Binance.US’s decision follows the U.S. Securities Exchange and Commission (SEC) calling on a federal court to freeze the exchange’s assets. The SEC has accused Binance’s global entity and competitor Coinbase of violating federal securities law. This move has resulted in market makers withdrawing liquidity from Binance.US’s order books and subsequently worsening market depth. At one point, bitcoin even traded at a premium of over $1,000 on the exchange.
However, the negative price spread early Friday signals a change in direction following Binance.US’s announcement of the suspension of USD deposits and withdrawals. This raises concerns over the impact for traders, particularly how they are scrambling to exit the exchange and the subsequent effect on the value of their assets.

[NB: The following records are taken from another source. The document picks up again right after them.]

-- ===== src/Privacy/Examples.antt =====
-- Spans that overlap, and a copy of a secret.
use copy_clipboard_app.Base.{
  ℕ, Text, codes, ◌≡◌, refl, true, none, some, List, [], ◌∷◌, length, includes, text_eq, sort,
  insert_sorted,
}
use copy_clipboard_app.Protocol.Types.{
  Snapshot, ItemKind, MaskSpan, DetectorName, PasteboardHint, Confidence, Flag, jwt, high_entropy,
}
use copy_clipboard_app.Privacy.Spans.{merge_spans, merge_from, mask_token}
use copy_clipboard_app.Privacy.Classify.{PrivacyRules, hint_flags, classify}
use copy_clipboard_app.Privacy.Cover.{covers, Disjoint, merge_spans_lem}
use copy_clipboard_app.Privacy.Verdicts.{IsJudged, classify_lem}

abbrev span : ℕ → ℕ → DetectorName → MaskSpan
span from to name = record { start = from; end = to; detector = name }

abbrev found : List MaskSpan
found = span 8 20 jwt ∷ span 2 5 high_entropy ∷ span 4 10 high_entropy ∷ []

united : merge_spans found ≡ span 2 20 jwt ∷ []
unfolding merge_spans merge_from sort insert_sorted
united = refl

masked : mask_token (codes "AKIAABCDEFGHA7QD") ≡ codes "AKIA••••A7QD"
unfolding mask_token
masked = refl

merge_spans_lem_example :
    ((i : ℕ) → covers i (merge_spans found) ≡ covers i found) × Disjoint (merge_spans found)
merge_spans_lem_example = merge_spans_lem found

-- A copy with a hint, of an application that is known and not excluded.
abbrev copied : Snapshot
copied = record {
  reps = [];
  primary_text = some (codes "secret");
  kind = ItemKind.text;
  hints = PasteboardHint.transient ∷ [];
  source_app = some (record {
    bundle_id = some (codes "org.editor");
    name = none;
    confidence = Confidence.heuristic;
  });
  total_bytes = 6;
}

abbrev rules : PrivacyRules
rules = record {
  detectors = jwt ∷ [];
  honour_hints = true;
  excluded_bundle_ids = codes "org.vault" ∷ [];
}

detect_all : Text → List DetectorName → List MaskSpan
detect_all text names = span 0 (length text) jwt ∷ []

flagged : (classify detect_all copied rules).flags ≡ Flag.transient ∷ Flag.secret ∷ []
unfolding classify detect_all hint_flags includes text_eq
flagged = refl

classify_lem_example : IsJudged detect_all copied rules (classify detect_all copied rules)
classify_lem_example = classify_lem detect_all copied rules
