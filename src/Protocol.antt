-- ===== src/Protocol.antt =====
-- packages/protocol: results, the types of the domain and of the store's events, and the limits.
pub mod Result
pub mod Types
pub mod Constants
pub mod Tags
pub mod Ids
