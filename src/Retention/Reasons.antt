-- ===== src/Retention/Reasons.antt =====
-- Why an item is evicted: what every eviction of a plan has to show for itself.
use mathlib.Core.List.{map-append}
use copy_clipboard_app.Base.{
  NoRepeats, NoRepeats-append, suc, ◌+◌, ltb, All-append, ℕ, Text, ◌≡◌, refl, true, false, inl, inr,
  List, [], ◌∷◌, map, arith, Bool-cases, All, Some, All-Some, All-map_impl, Some-of-Some-sort,
  includes, insert, sort,
}
use copy_clipboard_app.Protocol.Types.{
  Item, DeleteReason, user, retention_count, retention_age, retention_bytes, secret_ttl, rekey,
}
use copy_clipboard_app.Retention.{
  RetentionLimits, Eviction, Plan, empty_plan, is_kept, is_expired, is_aged, is_passed, condemn,
  ttl_loop, age_loop, count_loop, bytes_loop, run_loops, plan, plan_eviction, newer,
}

module _ (now : ℕ) (limits : RetentionLimits) where
  -- What the reason says of the item.
  abbrev pub Reasoned : Item → DeleteReason → Type 0
  Reasoned it secret_ttl = is_expired now it ≡ true
  Reasoned it retention_age = (is_kept it ≡ false) × (is_aged now limits it ≡ true)
  Reasoned it retention_count = is_kept it ≡ false
  Reasoned it retention_bytes = is_kept it ≡ false
  Reasoned it user = ⊥
  Reasoned it rekey = ⊥

  unpassed : (it : Item) (p : Plan) → is_passed it p ≡ false → is_kept it ≡ false
  unpassed it p h = ground arith

  module _ (P : Plan → Type 0) where
    -- `P` outlives each eviction of an item that its reason allows.
    abbrev pub Closed : List Item → Type 0
    Closed =
        All λ (it : Item). (r : DeleteReason) (p : Plan) → Reasoned it r → P p → P (condemn it r p)

    pub ttl_loop-keeps : (its : List Item) (p : Plan) → Closed its → P p → P (ttl_loop now its p)
    unfolding ttl_loop
    ttl_loop-keeps [] p c h = h
    ttl_loop-keeps (it ∷ its) p c h = elim (Bool-cases (is_expired now it)) [
      | inl e ↦ rw e (ttl_loop-keeps its _ c.1 (c.0 secret_ttl p e h))
      | inr e ↦ rw e (ttl_loop-keeps its p c.1 h)
    ]

    pub age_loop-keeps :
        (its : List Item) (p : Plan) → Closed its → P p → P (age_loop now limits its p)
    unfolding age_loop
    age_loop-keeps [] p c h = h
    age_loop-keeps (it ∷ its) p c h = elim (Bool-cases (is_passed it p)) [
      | inl e ↦ rw e (age_loop-keeps its p c.1 h)
      | inr e ↦ elim (Bool-cases (is_aged now limits it)) [
        | inl aged ↦
            rw (e, aged) (age_loop-keeps its _ c.1 (c.0 retention_age p (unpassed it p e, aged) h))
        | inr fresh ↦ rw (e, fresh) (age_loop-keeps its p c.1 h)
      ]
    ]

    pub count_loop-keeps :
        (limit kept : ℕ) (its : List Item) (p : Plan)
        → Closed its
        → P p
        → P (count_loop limit kept its p)
    unfolding count_loop
    count_loop-keeps limit kept [] p c h = h
    count_loop-keeps limit kept (it ∷ its) p c h = elim (Bool-cases (is_passed it p)) [
      | inl e ↦ rw e (count_loop-keeps limit kept its p c.1 h)
      | inr e ↦ elim (Bool-cases (ltb limit (suc kept))) [
        | inl over ↦
            rw (e, over)
              (count_loop-keeps limit (suc kept) its _ c.1
                (c.0 retention_count p (unpassed it p e) h))
        | inr under ↦ rw (e, under) (count_loop-keeps limit (suc kept) its p c.1 h)
      ]
    ]

    pub bytes_loop-keeps :
        (limit bytes : ℕ) (its : List Item) (p : Plan)
        → Closed its
        → P p
        → P (bytes_loop limit bytes its p)
    unfolding bytes_loop
    bytes_loop-keeps limit bytes [] p c h = h
    bytes_loop-keeps limit bytes (it ∷ its) p c h = elim (Bool-cases (is_passed it p)) [
      | inl e ↦ rw e (bytes_loop-keeps limit bytes its p c.1 h)
      | inr e ↦ elim (Bool-cases (ltb limit (bytes + it.byte_length))) [
        | inl over ↦
            rw (e, over)
              (bytes_loop-keeps limit (bytes + it.byte_length) its _ c.1
                (c.0 retention_bytes p (unpassed it p e) h))
        | inr under ↦ rw (e, under) (bytes_loop-keeps limit (bytes + it.byte_length) its p c.1 h)
      ]
    ]

    pub run_loops-keeps :
        (its : List Item) → Closed its → P empty_plan → P (run_loops now limits its)
    unfolding run_loops
    run_loops-keeps its c h =
        bytes_loop-keeps _ _ its _ c (
          count_loop-keeps _ _ its _ c (age_loop-keeps its _ c (ttl_loop-keeps its empty_plan c h)))

  -- The eviction names an item and has a reason that holds of it.
  abbrev pub Justified : Eviction → Item → Type 0
  Justified e it = (it.id ≡ e.id) × Reasoned it e.reason

  condemn-justified :
      (Q : Eviction → Type 0) (it : Item) (r : DeleteReason) (p : Plan)
      → Q (record { id = it.id; reason = r })
      → All Q p.evictions
      → All Q (condemn it r p).evictions
  unfolding condemn
  condemn-justified Q it r p q h = elim (Bool-cases (includes it.id p.doomed)) [
    | inl e ↦ rw e h
    | inr e ↦ rw e (All-append Q p.evictions _ h (q, tt))
  ]

  -- Every eviction of a plan is of an item that was given, and its reason holds of that item: one
  -- evicted for the TTL has expired, one evicted for its age is not kept and is too old, and one
  -- evicted for the count or the bytes is not kept. There is no other reason, so that only the TTL
  -- evicts a kept item.
  pub plan_eviction-Justified :
      (items : List Item) → All (λ e. Some (Justified e) items) (plan_eviction items now limits)
  unfolding plan_eviction
  plan_eviction-Justified items =
      All-map_impl (λ e. Some (Justified e) (sort newer items))
        (λ e. Some-of-Some-sort _ newer items) (plan_eviction items now limits)
        (run_loops-keeps (λ p. All (λ e. Some (Justified e) (sort newer items)) p.evictions) _
          closed tt)
    where
      closed :
          Closed
            (λ p. All (λ e. Some (Justified e) (sort newer items)) p.evictions)
            (sort newer items)
      closed =
          All-map_impl
            (λ it. (e : Eviction) → Justified e it → Some (Justified e) (sort newer items))
            (λ it f r p j h.
              condemn-justified (λ e. Some (Justified e) (sort newer items)) it r p
                (f (record { id = it.id; reason = r }) (refl, j)) h)
            (sort newer items) (All-Some Justified (sort newer items))

-- The ids of a list of evictions.
abbrev pub ids : List Eviction → List Text
ids = map λ e. e.id

-- The ids that are doomed are those of the evictions, each once.
pub record IsTidy (p : Plan) : Type 0 where
  pub agree : ids p.evictions ≡ p.doomed
  pub once : NoRepeats p.doomed

condemn-IsTidy : (it : Item) (r : DeleteReason) (p : Plan) → IsTidy p → IsTidy (condemn it r p)
unfolding condemn insert
condemn-IsTidy it r p h = elim (Bool-cases (includes it.id p.doomed)) [
  | inl e ↦ rw e h
  | inr e ↦
      rw e (record {
        agree = rw (map-append, h.agree);
        once = NoRepeats-append p.doomed it.id h.once e;
      })
]

pub everywhere : (P : Item → Type 0) (its : List Item) → ((it : Item) → P it) → All P its
everywhere P [] f = tt
everywhere P (it ∷ its) f = (f it, everywhere P its f)

pub plan-IsTidy :
    (items : List Item) (now : ℕ) (limits : RetentionLimits) → IsTidy (plan items now limits)
unfolding plan
plan-IsTidy items now limits =
    run_loops-keeps now limits IsTidy (sort newer items)
      (everywhere _ (sort newer items) (λ it r p _ h. condemn-IsTidy it r p h))
      (record { agree = refl; once = tt })

-- No plan evicts an id twice.
pub plan_eviction-NoRepeats :
    (items : List Item) (now : ℕ) (limits : RetentionLimits)
    → NoRepeats (ids (plan_eviction items now limits))
unfolding plan_eviction
plan_eviction-NoRepeats items now limits =
    let tidy = plan-IsTidy items now limits in rw tidy.agree tidy.once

On the other hand, the transition to a crypto-only platform may open new opportunities for Binance.US. With the delisting of U.S. dollar-denominated trading pairs and a focus on purely crypto transactions, the platform could tap into a more niche market. However, the SEC’s actions and liquidity concerns indicate that the exchange may face an uphill battle in rebuilding trust and regaining market share.
While the current situation presents challenges for traders, it also serves as a reminder of the importance of scrutinizing the stability and security of exchanges before choosing to invest. Ensuring due diligence and understanding the risks associated with trading on various platforms can lead to better protection of one’s assets, even in the face of potential setbacks.